No dijo más. Lo pensé un instante, y accedí, representándome la sala, mi sermón, mi triunfo…
- XVII -
A continuación verás, oh lector amable y socarrón, mi formidable discurso, precedido de un ligero introito descriptivo… Mi hermana y mi padre se encargaron de colocar a los caballeros y señoras en ringleras de sillas puestas en tres lados de la sala, dejando la cabecera de esta para las personas de más viso, y para desahogo del orador. Yo improvisé una tribuna con tres sillas cuyos respaldos me separaban del público, ofreciéndome apoyo y resguardo. Con cuquería teatral me abstuve de aparecer ante mi auditorio hasta el momento de comenzar mi oración. Desde la puertecilla por donde había de entrar miré y examiné a mi público, conforme se iba instalando. Vi señores acartonados, predominando los narigudos sobre los chatos, serios todos como si estuvieran en misa; vi a la derecha, en el término más lejano, señoras gordas, señoras flacas, algunas de buena presencia y aire aristocrático dentro del tipo lugareño. En la primera fila lucía un grupo de tres damas, una de ellas muy aventajada de pechos, la cara bonita. Vestían todas de negro, con excesiva honestidad, pues apenas dejaban ver el cuello carnoso. Sobre la obscura vestimenta se destacaban escapularios y medallitas. Gente aldeana de ambos sexos ocupaba las filas menos visibles, pues los sitios delanteros eran para el señorío y los curas…
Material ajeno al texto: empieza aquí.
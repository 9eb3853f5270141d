-- ===== src/Public/Topic.antt =====
-- The topics of api/public/enums.go, api/public/topics.go, processor/public/topics.go and
-- deliveryscheduler/public/topics.go.
use insider_notification.Base.{String, ◌==◌, if◌then◌else◌}
use insider_notification.Public.Priority

abbrev pub high : String
high = "notify.high"

abbrev pub normal : String
normal = "notify.normal"

abbrev pub low : String
low = "notify.low"

abbrev pub notification_scheduled : String
notification_scheduled = "notify.scheduled"

abbrev pub notification_schedule_cancelled : String
notification_schedule_cancelled = "notify.schedule.cancelled"

abbrev pub status : String
status = "notify.status"

abbrev pub scheduled_notification_due : String
scheduled_notification_due = "notify.scheduled.due"

-- A missing key of the map `TopicByPriority` reads as the empty topic.
unfoldable pub topic_by_priority : String → String
topic_by_priority p =
    if p == Priority.high
    then high
    else if p == Priority.normal
    then normal
    else if p == Priority.low
    then low
    else ""
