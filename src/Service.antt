-- ===== src/Service.antt =====
-- The business operations of the API service: api/internal/service/notification.go, but for
-- `CreateBatch` (Batch.antt).
pub mod Contract
pub mod Create
pub mod Cancel
pub mod Evolution
pub mod Race
use insider_notification.Base.{
  ℕ, String, Bool, true, false, Option, none, some, List, [], ◌∷◌, if◌then◌else◌,
}
use insider_notification.Errors.{
  Error, message, is_db_not_found, not_found_error, conflict_error, wrap,
}
use insider_notification.Effect.{
  M, Result, ok, err, pure, fail, ◌>>=◌, ◌>>◌, on_error, wrapping, lift,
}
use insider_notification.Platform.{Platform}
use insider_notification.Public.Status
use insider_notification.Public.Topic
use insider_notification.Public.Topic.{topic_by_priority}
use insider_notification.Public.Events.{
  Payload, ready, scheduled, schedule_cancelled, ScheduledNotificationItem,
}
use insider_notification.Domain.{Notification, transition}
use insider_notification.Store.{
  DbNotification, Ids, from, to_domain, ready_event, ListFilter, NotificationRepository,
}
use insider_notification.Ports.{Publisher}

-- The error that `Cancel` returns when it cannot read the notification.
unfoldable pub cancel_error : Error → Error
cancel_error e = if is_db_not_found e then not_found_error "notification not found" else e

abbrev pub scheduled_item : Platform → DbNotification → ℕ → ScheduledNotificationItem
scheduled_item p e t = record { notification_id = p.uuid_text e.id; scheduled_at = t }

abbrev pub scheduled_payload : List ScheduledNotificationItem → Payload
scheduled_payload items = scheduled (record { notifications = items })

-- The publication of a notification that is ready, an error wrapped with the prefix.
unfoldable pub publish_ready :
    {S : Type 0} → Platform → Publisher S → String → DbNotification → M S (Unit {0})
publish_ready p publisher prefix entity =
    wrapping p prefix
      (publisher.publish (topic_by_priority entity.priority) (ready (ready_event p entity)))

-- `dn.Transition(...)` on the domain model of an entity, of which only the error is used.
unfoldable pub check_transition : Platform → String → DbNotification → Result (Unit {0})
check_transition p to entity = (transition p to (to_domain entity)).1

module _ {S : Type 0} (p : Platform) (ids : Ids S) (repo : NotificationRepository S)
    (publisher : Publisher S) where
  unfoldable pub persist : Notification → Option ℕ → M S DbNotification
  persist n batch_id = do
    entity ← from ids n batch_id
    wrapping p "create notification: " (repo.create entity)

  -- The two branches of `publish`, by `entity.DeliverAfter`.
  pub publish_at : DbNotification → Option ℕ → M S (Unit {0})
  publish_at entity none = publish_ready p publisher "publish event: " entity
  publish_at entity (some t) = wrapping p "publish scheduled event: " (
      publisher.publish Topic.notification_scheduled
        (scheduled_payload (scheduled_item p entity t ∷ [])))

  unfoldable pub publish : DbNotification → M S (Unit {0})
  unfolding publish_at
  publish entity = publish_at entity entity.deliver_after

  unfoldable pub create : Notification → M S DbNotification
  unfolding persist publish
  create n = do entity ← persist n none; publish entity; pure entity

  unfoldable pub get_by_id : ℕ → M S DbNotification
  get_by_id id = repo.get_by_id id

  unfoldable pub list : ListFilter → M S (List DbNotification × ℕ × Option ℕ)
  list f = repo.list f

  -- `Cancel` after its check: the write and the announcement.
  unfoldable pub mark_cancelled : ℕ → M S DbNotification
  mark_cancelled id = do
    updated ← repo.update_status id Status.cancelled
    wrapping p "publish cancel event: " (
        publisher.publish Topic.notification_schedule_cancelled
          (schedule_cancelled (record { notification_id = p.uuid_text id })))
    pure updated

  -- `Cancel` after its read of the notification.
  unfoldable pub cancel_entity : ℕ → DbNotification → M S DbNotification
  unfolding mark_cancelled
  cancel_entity id entity = do
    on_error (λ e. conflict_error (message p e)) (lift (check_transition p Status.cancelled entity))
    mark_cancelled id

  unfoldable pub cancel : ℕ → M S DbNotification
  unfolding cancel_error cancel_entity
  cancel id = do entity ← on_error cancel_error (repo.get_by_id id); cancel_entity id entity

  -- `UpdateStatus` after its check.
  unfoldable pub write_status : ℕ → String → M S (Unit {0})
  write_status id status = do updated ← repo.update_status id status; pure tt

  -- `UpdateStatus` after its read of the notification.
  unfoldable pub update_entity : ℕ → String → DbNotification → M S (Unit {0})
  unfolding write_status
  update_entity id status entity = do
    lift (check_transition p status entity)
    write_status id status

  unfoldable pub update_status : ℕ → String → M S (Unit {0})
  unfolding update_entity
  update_status id status = do entity ← repo.get_by_id id; update_entity id status entity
Tal era mi público, arcano cuyo seno guardaba la rechifla o el aplauso. Aunque nunca me ha faltado el valor en casos semejantes, sentía ligero escalofrío, y mis ideas se acobardaron, refugiándose en lo más hondo del cerebro… Pero llegaba el instante en que el pundonor y el sentimiento del deber habían de arrollar al miedo y a los falsos escrúpulos con que el alma desconfía de sí misma… Tendí mis ojos sobre el apretado concurso. El aleteo de los abanicos me infundió ánimos, no sé por qué. Tras de cada abanico, adiviné un corazón de mujer… ¡Ah!, mujeres. ¡A ellas!, me dije, y salí. Acogido fui por un murmullo; que allí no se estilaban los aplausos. Puse las manos sobre el respaldo de las sillas, que eran mi tribuna, y con firme aliento, y plena conciencia de mi triunfo ante las damas y mujeres, solté las primeras palabras: «Señoras…, señores…».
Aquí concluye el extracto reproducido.